:: Dataset
-- ===== src/Cursor/Order.antt =====
-- The order of positions, and how `Record` moves one.
use k8spodlogreceiver.Prelude.{
  ℕ, ◌<◌, ◌≡◌, ap, ◌⊎◌, inl, inr, true, false, arith, if◌then◌else◌, Bool-cases, bytes_eq,
}
use k8spodlogreceiver.Prelude.Int.{ℤ, pos, ltb_ℤ, inc-pos, max_int}
use k8spodlogreceiver.Instant.{Instant, is_unset, later}
use k8spodlogreceiver.Cursor.{Cursor, after, record_line}

pub ltb_ℤ_total : (a b : ℤ) → (ltb_ℤ a b ≡ true) ⊎ ((ltb_ℤ b a ≡ true) ⊎ (a ≡ b))
ltb_ℤ_total a b = ground arith

-- `After` is a strict linear order of positions: no position is after itself, it is transitive,
-- and of two different positions one is after the other.
pub after_strict_order :
    (a b c : Cursor)
    → (after a a ≡ false)
      × (after a b ≡ true → after b c ≡ true → after a c ≡ true)
      × ((after a b ≡ true) ⊎ ((after b a ≡ true) ⊎ (a ≡ b)))
unfolding after
after_strict_order a b c =
    (ground arith, ground arith, ground (arith, ltb_ℤ_total a.delivered b.delivered))

-- `Record`, below the largest count: it reports a move exactly when the record has a timestamp
-- not before the cursor's, a cursor that it reports as moved is after the old one, and
-- otherwise the cursor is unchanged.
record_line_moves :
    (c : Cursor) (t : Instant) (n : ℕ)
    → c.delivered ≡ pos n
    → n < max_int
    → ((record_line c t).1 ≡ (if is_unset t then false else if later c.ts t then false else true))
      × ((record_line c t).1 ≡ true → after (record_line c t).0 c ≡ true)
      × ((record_line c t).1 ≡ false → (record_line c t).0 ≡ c)
unfolding after record_line
record_line_moves c t n e h = (ground arith, ground (arith, inc-pos n), ground arith)

-- `d` is not before `c`.
abbrev pub NotBefore : Cursor → Cursor → Type 0
NotBefore c d = after c d ≡ false

pub NotBefore-refl : (c : Cursor) → NotBefore c c
NotBefore-refl c = (after_strict_order c c c).0

pub NotBefore-trans : (a b c : Cursor) → NotBefore a b → NotBefore b c → NotBefore a c
NotBefore-trans a b c h k = elim (Bool-cases (after a c)) [
  | inr e ↦ e
  | inl e ↦ elim (after_strict_order a b c).2 [
    | inl l ↦ absurd (ground (arith, h, l))
    | inr (inl l) ↦ absurd (ground (arith, k, (after_strict_order b a c).1 l e))
    | inr (inr l) ↦ absurd (ground (arith, k, ap (λ x. after x c) l, e))
  ]
]

-- Recording a line, below the largest count, moves no cursor back.
pub NotBefore-record_line :
    (c : Cursor) (t : Instant) (n : ℕ)
    → c.delivered ≡ pos n
    → n < max_int
    → NotBefore c (record_line c t).0
NotBefore-record_line c t n e h =
    let m = record_line_moves c t n e h in
    elim (Bool-cases (record_line c t).1) [
      | inl k ↦ elim (Bool-cases (after c (record_line c t).0)) [
        | inr q ↦ q
        | inl q ↦ absurd (
            ground (
              arith,
              (after_strict_order c c c).0,
              (after_strict_order c (record_line c t).0 c).1 q (m.1 k),
            ))
      ]
      | inr k ↦ rw (m.2 k) (NotBefore-refl c)
    ]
::::
The problem = Here the output must be the lines above from the line with "true) ⊎ (a ≡ b)))" to the line with "elim (Bool-cases (record_line", both included, duplicated word for word and nothing else.

Your response =
      × ((after a b ≡ true) ⊎ ((after b a ≡ true) ⊎ (a ≡ b)))
unfolding after
after_strict_order a b c =
    (ground arith, ground arith, ground (arith, ltb_ℤ_total a.delivered b.delivered))

-- `Record`, below the largest count: it reports a move exactly when the record has a timestamp
-- not before the cursor's, a cursor that it reports as moved is after the old one, and
-- otherwise the cursor is unchanged.
record_line_moves :
    (c : Cursor) (t : Instant) (n : ℕ)
    → c.delivered ≡ pos n
    → n < max_int
    → ((record_line c t).1 ≡ (if is_unset t then false else if later c.ts t then false else true))
      × ((record_line c t).1 ≡ true → after (record_line c t).0 c ≡ true)
      × ((record_line c t).1 ≡ false → (record_line c t).0 ≡ c)
unfolding after record_line
record_line_moves c t n e h = (ground arith, ground (arith, inc-pos n), ground arith)

-- `d` is not before `c`.
abbrev pub NotBefore : Cursor → Cursor → Type 0
NotBefore c d = after c d ≡ false

pub NotBefore-refl : (c : Cursor) → NotBefore c c
NotBefore-refl c = (after_strict_order c c c).0

pub NotBefore-trans : (a b c : Cursor) → NotBefore a b → NotBefore b c → NotBefore a c
NotBefore-trans a b c h k = elim (Bool-cases (after a c)) [
  | inr e ↦ e
  | inl e ↦ elim (after_strict_order a b c).2 [
    | inl l ↦ absurd (ground (arith, h, l))
    | inr (inl l) ↦ absurd (ground (arith, k, (after_strict_order b a c).1 l e))
    | inr (inr l) ↦ absurd (ground (arith, k, ap (λ x. after x c) l, e))
  ]
]

-- Recording a line, below the largest count, moves no cursor back.
pub NotBefore-record_line :
    (c : Cursor) (t : Instant) (n : ℕ)
    → c.delivered ≡ pos n
    → n < max_int
    → NotBefore c (record_line c t).0
NotBefore-record_line c t n e h =
    let m = record_line_moves c t n e h in
    elim (Bool-cases (record_line c t).1) [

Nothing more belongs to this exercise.